Technical Articles

PDF To Grid

21 Apr 2014

What is PDFGrid

PDFGrid is a ongoing project that extracts automatically grid-like or tabular data from a text based PDF. The algorithm is made so that in a later phase the output of a OCR can be used to detect grid-like data. The output of PDFGrid can be given to the DSL Parser to further clean, transform, merge etc, the data.

Since the project is still a play ground to test several ideas, the code is not clean. Therefore, the code is undergoing a major clean up/upgrade, but the idea’s behind the extraction are the same.

Example

This pdf contains a fairly easy extraction.

alt text

This is a part of the extracted data. Note that the line with DEC is not part of the output. This is because the algorithm considers the line NOV and DEC too different. Future evolutions of the project will improve on that.

>>-------------
JAN(P)	|8,631	|14,714	|7,884	|907,261  |907,134 |1,253,068	|72.4	|6,099.0
FEB(P)	|7,858	|11,130	|7,069	|804,577  |796,192 |1,123,492	|70.9	|5,715.0
MAR(P)	|8,624	|14,518	|7,758	|907,432  |912,081 |1,232,963	|74.0	|5,903.0
APR(P)	|8,331	|13,998	|7,670	|852,743  |862,694 |1,219,041	|70.8	|5,838.0
MAY(P)	|8,648	|14,547	|8,039	|933,573  |948,498 |1,277,627	|74.2	|6,134.0
JUNE(P)	|8,279	|14,232	|7,367	|809,681  |830,542 |1,170,875	|70.9	|6,165.0
JULY(R)	|8,562	|14,860	|7,725	|803,943  |822,897 |1,227,813	|67.0	|7,234.0
AUG(P)	|8,547	|14,666	|7,756	|908,224  |911,328 |1,232,691	|73.9	|6,502.0
SEP(P)	|8,273	|14,069	|7,440	|809,330  |811,833 |1,182,505	|68.7	|7,023.0
OCT	|8,609	|14,585	|7,657	|799,041  |805,016 |1,216,975	|66.1	|7,373.0
NOV	|8,498	|14,643	|7,492	|861,128  |849,822 |1,204,984	|70.5	|6,793.0
<<-------------

How does it work

The extraction is only based on the position of the characters.

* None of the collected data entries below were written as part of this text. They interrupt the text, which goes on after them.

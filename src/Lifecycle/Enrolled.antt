-- ===== src/Lifecycle/Enrolled.antt =====
-- What enrollment does to the table, at the first time and when the same event comes again.
use share_sentinel.Prelude.{
  ℕ, suc, ◌+◌, String, ◌≡◌, refl, sym, ap, ◌∙◌, Bool, true, Bool-cases, inl, inr, Option, some,
  List, [], ◌∷◌, ◌++◌, map, any, All, length, length-append, arith, Codes, eq_refl, if◌then◌else◌,
}
use mathlib.Core.List.{append-nil, append_assoc}
use share_sentinel.Graph.{Permission}
use share_sentinel.Lifecycle.Row.{Row, Table}
use share_sentinel.Lifecycle.Enrollment.{
  Event, time, Store, has_key, insert_row, Step, skip, raise, enroll, enroll_loop, enroll_step,
  enroll_all, enroll_sharing_links,
}

-- The row of a key is in the table.
abbrev Covers : Table → Step → Type 0
Covers t skip = Unit
Covers t raise = ⊥
Covers t (enroll r) = any (has_key r.event_id r.permission_id) t ≡ true

-- The loop over permissions that all have their rows.
enroll_loop_covered :
    (ps : List Step) (s : Store) (n : ℕ)
    → All (Covers s.table) ps
    → ((enroll_loop ps s n).0.table ≡ s.table) × ((enroll_loop ps s n).1 ≡ some n)
unfolding enroll_loop
enroll_loop_covered [] s n h = (refl, refl)
enroll_loop_covered (skip ∷ ps) s n h = enroll_loop_covered ps s n h.1
enroll_loop_covered (raise ∷ ps) s n h = absurd h.0
enroll_loop_covered (enroll r ∷ ps) s n h =
    rw (h.0, insert_row, enroll_loop)
      (enroll_loop_covered ps (record s { next_id = suc s.next_id }) n h.1)

any-append_left : (p : Row → Bool) (t u : Table) → any p t ≡ true → any p (t ++ u) ≡ true
any-append_left p [] u h = cc
any-append_left p (r ∷ t) u h = ground (arith, any-append_left p t u)

any-append_last : (p : Row → Bool) (t : Table) (r : Row) → p r ≡ true → any p (t ++ r ∷ []) ≡ true
any-append_last p [] r h = ground arith
any-append_last p (x ∷ t) r h = ground (arith, any-append_last p t r h)

-- Behind an insert its key is in the table, and what was in it still is.
insert_row-covers :
    (r : Row) (s : Store) → any (has_key r.event_id r.permission_id) (insert_row r s).0.table ≡ true
unfolding insert_row has_key
insert_row-covers r s = elim (Bool-cases (any (has_key r.event_id r.permission_id) s.table)) [
  | inl old ↦ rw (old, insert_row) old
  | inr new ↦ rw (new, insert_row) (any-append_last _ s.table _ (unfold has_key in simp eq_refl))
]

insert_row-any :
    (p : Row → Bool) (r : Row) (s : Store)
    → any p s.table ≡ true
    → any p (insert_row r s).0.table ≡ true
unfolding insert_row
insert_row-any p r s h =
    ground (arith, any-append_left p s.table (record r { id = s.next_id } ∷ []) h)

enroll_loop-any :
    (p : Row → Bool) (ps : List Step) (s : Store) (n : ℕ)
    → any p s.table ≡ true
    → any p (enroll_loop ps s n).0.table ≡ true
unfolding enroll_loop
enroll_loop-any p [] s n h = h
enroll_loop-any p (skip ∷ ps) s n h = enroll_loop-any p ps s n h
enroll_loop-any p (raise ∷ ps) s n h = h
enroll_loop-any p (enroll r ∷ ps) s n h = enroll_loop-any p ps _ _ (insert_row-any p r s h)

-- A loop that returns has covered every permission.
enroll_loop-Covers :
    (ps : List Step) (s : Store) (n m : ℕ)
    → (enroll_loop ps s n).1 ≡ some m
    → All (Covers (enroll_loop ps s n).0.table) ps
unfolding enroll_loop
enroll_loop-Covers [] s n m h = tt
enroll_loop-Covers (skip ∷ ps) s n m h = (tt, enroll_loop-Covers ps s n m h)
enroll_loop-Covers (raise ∷ ps) s n m h = cc
enroll_loop-Covers (enroll r ∷ ps) s n m h =
    (enroll_loop-any _ ps _ _ (insert_row-covers r s), enroll_loop-Covers ps _ _ m h)

insert_row_adds :
    (r : Row) (s : Store) (n : ℕ)
    → (new : Table) × ((insert_row r s).0.table ≡ s.table ++ new)
      × (n + length new ≡ (if (insert_row r s).1 then suc n else n))
unfolding insert_row
insert_row_adds r s n = elim (Bool-cases (any (has_key r.event_id r.permission_id) s.table)) [
  | inl old ↦
      ([], rw (old, insert_row) (sym (append-nil s.table)), rw (old, insert_row) (omega arith))
  | inr new ↦
      (record r { id = s.next_id } ∷ [], rw (new, insert_row), rw (new, insert_row) (omega arith))
]

-- The rows that a loop adds, behind the old ones, as many as it counts.
enroll_loop_adds :
    (ps : List Step) (s : Store) (n m : ℕ)
    → (enroll_loop ps s n).1 ≡ some m
    → (new : Table) × ((enroll_loop ps s n).0.table ≡ s.table ++ new) × (n + length new ≡ m)
unfolding enroll_loop
enroll_loop_adds [] s n m h = ([], sym (append-nil s.table), ground arith)
enroll_loop_adds (skip ∷ ps) s n m h = enroll_loop_adds ps s n m h
enroll_loop_adds (raise ∷ ps) s n m h = cc
enroll_loop_adds (enroll r ∷ ps) s n m h =
    let one = insert_row_adds r s n in
    let rest = enroll_loop_adds ps _ _ m h in
    (
      one.0 ++ rest.0,
      rest.1 ∙ ap (λ t. t ++ rest.0) one.1 ∙ append_assoc s.table one.0 rest.0,
      omega (arith, one.2, rest.2, length-append one.0 rest.0),
    )

module _ (from_isoformat : Codes → Option ℕ) (profile : String → Option String) where
  -- If an event with a time enrolls its links without an exception, the rows added stand behind the old
  -- ones and are as many as it returns; and enrolling the same permissions again returns 0 and
  -- leaves the table as it is.
  pub enroll_again :
      (ev : Event) (t n : ℕ) (ps : List Permission) (s : Store)
      → (enroll_sharing_links from_isoformat profile ev (time t) ps s).1 ≡ some n
      → let enrolled =
          λ (x : Store). enroll_sharing_links from_isoformat profile ev (time t) ps x in
        (new : Table) × ((enrolled s).0.table ≡ s.table ++ new)
        × (length new ≡ n)
        × ((enrolled (enrolled s).0).0.table ≡ (enrolled s).0.table)
        × ((enrolled (enrolled s).0).1 ≡ some 0)
  unfolding enroll_sharing_links enroll_all
  enroll_again ev t n ps s h =
      let steps = map (enroll_step from_isoformat profile ev t) ps in
      let added = enroll_loop_adds steps s 0 n h in
      let again =
        enroll_loop_covered steps (enroll_loop steps s 0).0 0 (enroll_loop-Covers steps s 0 n h) in
      (added.0, added.1, omega (arith, added.2), again.0, again.1)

This approach has advantages (extract from layout without grid lines) as well as disadvantages (see previous examples, where grid lines could give additional information).

Text extraction

The characters and their positions are extracted from the pdf file, using to a slightly modified apache pdfbox library. The result is a list of characters and their bounding boxes.

325.37363	335.49146	175.48999	172.39459	(%)
664.06354	674.18134	175.48999	172.39459	(%)
65.64	        87.380394	188.93	        185.8346	JAN(P)
105.14	        121.75882	188.81	        185.7146	8,631
135.98	        156.3146	188.81	        185.7146	14,714

(For the future, I hope to process pdf/images as well by using an OCR that delivers the similar output)

Horizontal alignment

The elements are sorted on horizontal position to determine the lines.

37	554.5699	576.21515	175.01001	171.91461	----------
37	664.06354	674.18134	175.48999	172.39459	(%)
38	65.64	        87.380394	188.93	        185.8346	JAN(P)
38	105.14	        121.75882	188.81	        185.7146	8,631
38	135.98	        156.3146	188.81	        185.7146	14,714

Grouping characters

Within each line, the groups of characters are sorted on vertical position. Based on the font type, the width of the white space separator is determined. Based on the white space width, characters are grouped. There is a special case where the white space is used as thousand separator (example 1 234 567). The grouping does not have to be perfect, but can solve a number of edge cases in later processing.

Similar lines

The main idea of the grid extraction is based on the similarity of consecutive lines. A key metric of the similarity is based on the vertical aligments (left, center and right) of words.

Vertical Alignment

The grouped characters are ‘clustered’ according the left alignment (simply by taking the left point of the bounding rectangle of the group chars). Within a given cluster, the grouped characters are overlapping, but 2 different clusters do not overlap at all.

This process is repeated for the right and center aligned clusters. The three clusters are merged into one and a ‘alignment matrix’ is constructed. This matrix will be used as metric for the similarity.

Similarity Between 2 Lines

The similarity is based on several metrics

This results in a single number that determines if 2 lines are similar.